─── TASK DATA

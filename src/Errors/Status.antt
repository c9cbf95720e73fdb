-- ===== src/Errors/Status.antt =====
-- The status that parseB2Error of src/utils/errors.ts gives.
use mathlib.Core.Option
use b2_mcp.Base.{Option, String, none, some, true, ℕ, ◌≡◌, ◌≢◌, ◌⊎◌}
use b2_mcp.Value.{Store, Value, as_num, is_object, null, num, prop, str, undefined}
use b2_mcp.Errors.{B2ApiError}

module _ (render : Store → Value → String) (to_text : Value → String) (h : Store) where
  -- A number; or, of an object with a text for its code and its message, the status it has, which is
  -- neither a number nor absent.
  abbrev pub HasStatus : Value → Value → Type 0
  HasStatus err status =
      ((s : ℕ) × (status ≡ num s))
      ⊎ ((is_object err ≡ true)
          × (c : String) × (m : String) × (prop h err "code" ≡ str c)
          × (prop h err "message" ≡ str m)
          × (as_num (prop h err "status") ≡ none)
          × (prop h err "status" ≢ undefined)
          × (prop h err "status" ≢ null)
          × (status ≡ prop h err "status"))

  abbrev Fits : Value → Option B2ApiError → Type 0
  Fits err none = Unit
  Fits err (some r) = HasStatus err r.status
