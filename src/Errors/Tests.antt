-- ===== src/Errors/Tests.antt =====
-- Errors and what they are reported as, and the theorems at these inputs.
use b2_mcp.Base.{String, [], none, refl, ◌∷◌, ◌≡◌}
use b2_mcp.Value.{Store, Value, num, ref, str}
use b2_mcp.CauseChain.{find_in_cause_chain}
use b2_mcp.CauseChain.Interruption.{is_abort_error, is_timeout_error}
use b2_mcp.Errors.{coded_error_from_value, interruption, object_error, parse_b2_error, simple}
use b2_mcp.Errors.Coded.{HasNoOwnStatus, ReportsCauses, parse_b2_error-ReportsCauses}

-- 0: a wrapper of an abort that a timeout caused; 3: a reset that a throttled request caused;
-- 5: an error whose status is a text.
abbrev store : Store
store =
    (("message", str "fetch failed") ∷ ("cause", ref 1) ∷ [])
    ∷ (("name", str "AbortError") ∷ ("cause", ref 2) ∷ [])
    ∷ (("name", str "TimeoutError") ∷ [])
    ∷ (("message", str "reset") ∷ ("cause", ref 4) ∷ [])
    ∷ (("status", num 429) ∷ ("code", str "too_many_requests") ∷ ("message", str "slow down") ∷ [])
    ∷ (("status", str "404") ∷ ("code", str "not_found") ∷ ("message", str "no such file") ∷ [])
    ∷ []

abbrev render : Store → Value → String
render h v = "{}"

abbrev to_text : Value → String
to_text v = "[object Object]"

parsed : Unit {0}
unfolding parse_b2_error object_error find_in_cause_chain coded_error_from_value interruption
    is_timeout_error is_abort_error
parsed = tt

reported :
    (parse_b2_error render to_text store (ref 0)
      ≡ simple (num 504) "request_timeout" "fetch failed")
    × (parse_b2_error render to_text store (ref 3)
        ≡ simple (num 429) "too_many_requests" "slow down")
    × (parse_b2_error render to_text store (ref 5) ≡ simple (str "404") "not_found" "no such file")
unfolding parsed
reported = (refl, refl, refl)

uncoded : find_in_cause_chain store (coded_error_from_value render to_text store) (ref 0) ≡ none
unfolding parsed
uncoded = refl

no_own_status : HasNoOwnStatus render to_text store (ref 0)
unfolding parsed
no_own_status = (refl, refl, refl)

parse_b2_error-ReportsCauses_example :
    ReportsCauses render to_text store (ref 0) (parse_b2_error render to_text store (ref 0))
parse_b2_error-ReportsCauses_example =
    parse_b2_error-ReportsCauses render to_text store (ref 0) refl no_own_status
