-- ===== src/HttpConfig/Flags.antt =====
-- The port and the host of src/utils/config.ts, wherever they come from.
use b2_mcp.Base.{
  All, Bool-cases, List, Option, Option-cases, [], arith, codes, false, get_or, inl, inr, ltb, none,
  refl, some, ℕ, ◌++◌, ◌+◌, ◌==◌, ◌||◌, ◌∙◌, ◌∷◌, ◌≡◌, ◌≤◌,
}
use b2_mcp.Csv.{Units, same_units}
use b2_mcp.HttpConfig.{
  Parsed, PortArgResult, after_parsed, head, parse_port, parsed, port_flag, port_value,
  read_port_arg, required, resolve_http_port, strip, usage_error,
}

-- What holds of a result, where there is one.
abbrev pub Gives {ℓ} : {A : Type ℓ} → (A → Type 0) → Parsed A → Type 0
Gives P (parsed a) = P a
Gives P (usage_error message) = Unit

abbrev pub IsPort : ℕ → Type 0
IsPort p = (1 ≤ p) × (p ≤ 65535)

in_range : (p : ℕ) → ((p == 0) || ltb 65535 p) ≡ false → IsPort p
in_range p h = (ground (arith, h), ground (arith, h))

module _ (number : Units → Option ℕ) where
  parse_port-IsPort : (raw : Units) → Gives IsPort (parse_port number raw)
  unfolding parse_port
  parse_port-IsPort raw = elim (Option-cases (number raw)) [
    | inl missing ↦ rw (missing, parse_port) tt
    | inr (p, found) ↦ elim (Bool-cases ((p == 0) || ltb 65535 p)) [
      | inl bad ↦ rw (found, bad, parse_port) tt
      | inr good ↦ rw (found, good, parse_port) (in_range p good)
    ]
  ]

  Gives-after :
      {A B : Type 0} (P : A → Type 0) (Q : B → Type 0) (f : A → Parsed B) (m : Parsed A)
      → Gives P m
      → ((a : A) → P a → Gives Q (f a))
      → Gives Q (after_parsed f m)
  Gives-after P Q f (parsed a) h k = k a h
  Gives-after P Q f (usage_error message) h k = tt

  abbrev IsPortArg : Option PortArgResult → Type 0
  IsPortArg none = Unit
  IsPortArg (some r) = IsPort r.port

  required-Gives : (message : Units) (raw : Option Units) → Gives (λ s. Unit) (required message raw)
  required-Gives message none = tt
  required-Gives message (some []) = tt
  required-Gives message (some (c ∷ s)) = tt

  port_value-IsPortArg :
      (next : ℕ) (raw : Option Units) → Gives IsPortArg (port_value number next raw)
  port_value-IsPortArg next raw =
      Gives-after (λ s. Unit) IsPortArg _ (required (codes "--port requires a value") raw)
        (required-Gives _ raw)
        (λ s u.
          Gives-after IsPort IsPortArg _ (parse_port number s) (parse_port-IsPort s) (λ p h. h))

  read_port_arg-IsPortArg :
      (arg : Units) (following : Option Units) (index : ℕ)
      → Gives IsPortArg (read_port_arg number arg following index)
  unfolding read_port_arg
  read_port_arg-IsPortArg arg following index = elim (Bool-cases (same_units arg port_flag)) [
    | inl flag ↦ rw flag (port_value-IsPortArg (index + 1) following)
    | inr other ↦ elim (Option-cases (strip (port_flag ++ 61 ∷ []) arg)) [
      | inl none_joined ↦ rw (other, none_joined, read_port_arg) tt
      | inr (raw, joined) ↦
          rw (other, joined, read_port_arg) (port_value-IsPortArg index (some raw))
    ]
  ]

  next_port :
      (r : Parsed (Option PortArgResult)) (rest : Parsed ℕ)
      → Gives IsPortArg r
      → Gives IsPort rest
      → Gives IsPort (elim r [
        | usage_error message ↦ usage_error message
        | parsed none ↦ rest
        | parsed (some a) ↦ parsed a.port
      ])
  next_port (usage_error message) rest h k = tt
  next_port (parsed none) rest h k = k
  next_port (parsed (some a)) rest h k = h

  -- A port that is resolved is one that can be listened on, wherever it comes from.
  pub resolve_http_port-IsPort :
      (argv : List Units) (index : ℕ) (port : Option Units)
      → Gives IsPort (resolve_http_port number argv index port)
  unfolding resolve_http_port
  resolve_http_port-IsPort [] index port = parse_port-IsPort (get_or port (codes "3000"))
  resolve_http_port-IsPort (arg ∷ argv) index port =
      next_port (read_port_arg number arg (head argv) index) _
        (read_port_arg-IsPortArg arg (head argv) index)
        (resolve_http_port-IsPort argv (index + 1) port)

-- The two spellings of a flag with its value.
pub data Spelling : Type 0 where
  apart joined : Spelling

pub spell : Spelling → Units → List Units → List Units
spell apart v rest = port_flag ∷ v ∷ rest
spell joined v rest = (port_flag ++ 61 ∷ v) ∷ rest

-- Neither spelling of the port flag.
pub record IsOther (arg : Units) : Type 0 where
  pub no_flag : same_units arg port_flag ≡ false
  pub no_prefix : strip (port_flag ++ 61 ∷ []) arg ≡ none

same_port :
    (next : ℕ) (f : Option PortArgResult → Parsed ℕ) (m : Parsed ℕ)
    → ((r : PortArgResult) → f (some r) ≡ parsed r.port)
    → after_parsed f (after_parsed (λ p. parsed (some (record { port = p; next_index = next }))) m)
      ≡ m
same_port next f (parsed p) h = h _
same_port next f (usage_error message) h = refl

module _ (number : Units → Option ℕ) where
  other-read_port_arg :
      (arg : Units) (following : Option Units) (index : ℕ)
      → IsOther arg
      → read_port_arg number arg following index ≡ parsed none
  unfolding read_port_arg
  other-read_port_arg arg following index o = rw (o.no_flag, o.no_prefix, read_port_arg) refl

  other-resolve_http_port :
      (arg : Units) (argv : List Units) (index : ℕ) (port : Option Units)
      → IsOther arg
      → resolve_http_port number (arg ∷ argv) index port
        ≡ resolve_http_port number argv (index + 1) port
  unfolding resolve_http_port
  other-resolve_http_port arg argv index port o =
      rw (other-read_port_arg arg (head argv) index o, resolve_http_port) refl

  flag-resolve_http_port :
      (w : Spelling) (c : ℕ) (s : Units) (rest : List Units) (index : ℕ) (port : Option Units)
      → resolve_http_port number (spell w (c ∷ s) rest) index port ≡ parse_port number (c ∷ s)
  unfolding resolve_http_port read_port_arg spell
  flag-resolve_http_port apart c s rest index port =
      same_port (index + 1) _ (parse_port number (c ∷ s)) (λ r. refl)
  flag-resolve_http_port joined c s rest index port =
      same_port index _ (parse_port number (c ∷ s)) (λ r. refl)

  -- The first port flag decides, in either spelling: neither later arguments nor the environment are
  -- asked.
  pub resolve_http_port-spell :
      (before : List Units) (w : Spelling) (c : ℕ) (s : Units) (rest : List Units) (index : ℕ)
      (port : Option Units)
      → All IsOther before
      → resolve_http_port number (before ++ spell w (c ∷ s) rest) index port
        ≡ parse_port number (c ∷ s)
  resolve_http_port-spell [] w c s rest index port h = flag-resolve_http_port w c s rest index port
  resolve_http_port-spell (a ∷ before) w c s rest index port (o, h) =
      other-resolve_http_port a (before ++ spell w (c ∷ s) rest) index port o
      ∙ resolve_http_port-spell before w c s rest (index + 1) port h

──────

PROBLEM STATEMENT: Look through the records and gather every line containing "CauseChain".

EXERCISE OUTPUT:
use b2_mcp.CauseChain.{find_in_cause_chain}
use b2_mcp.CauseChain.Interruption.{is_abort_error, is_timeout_error}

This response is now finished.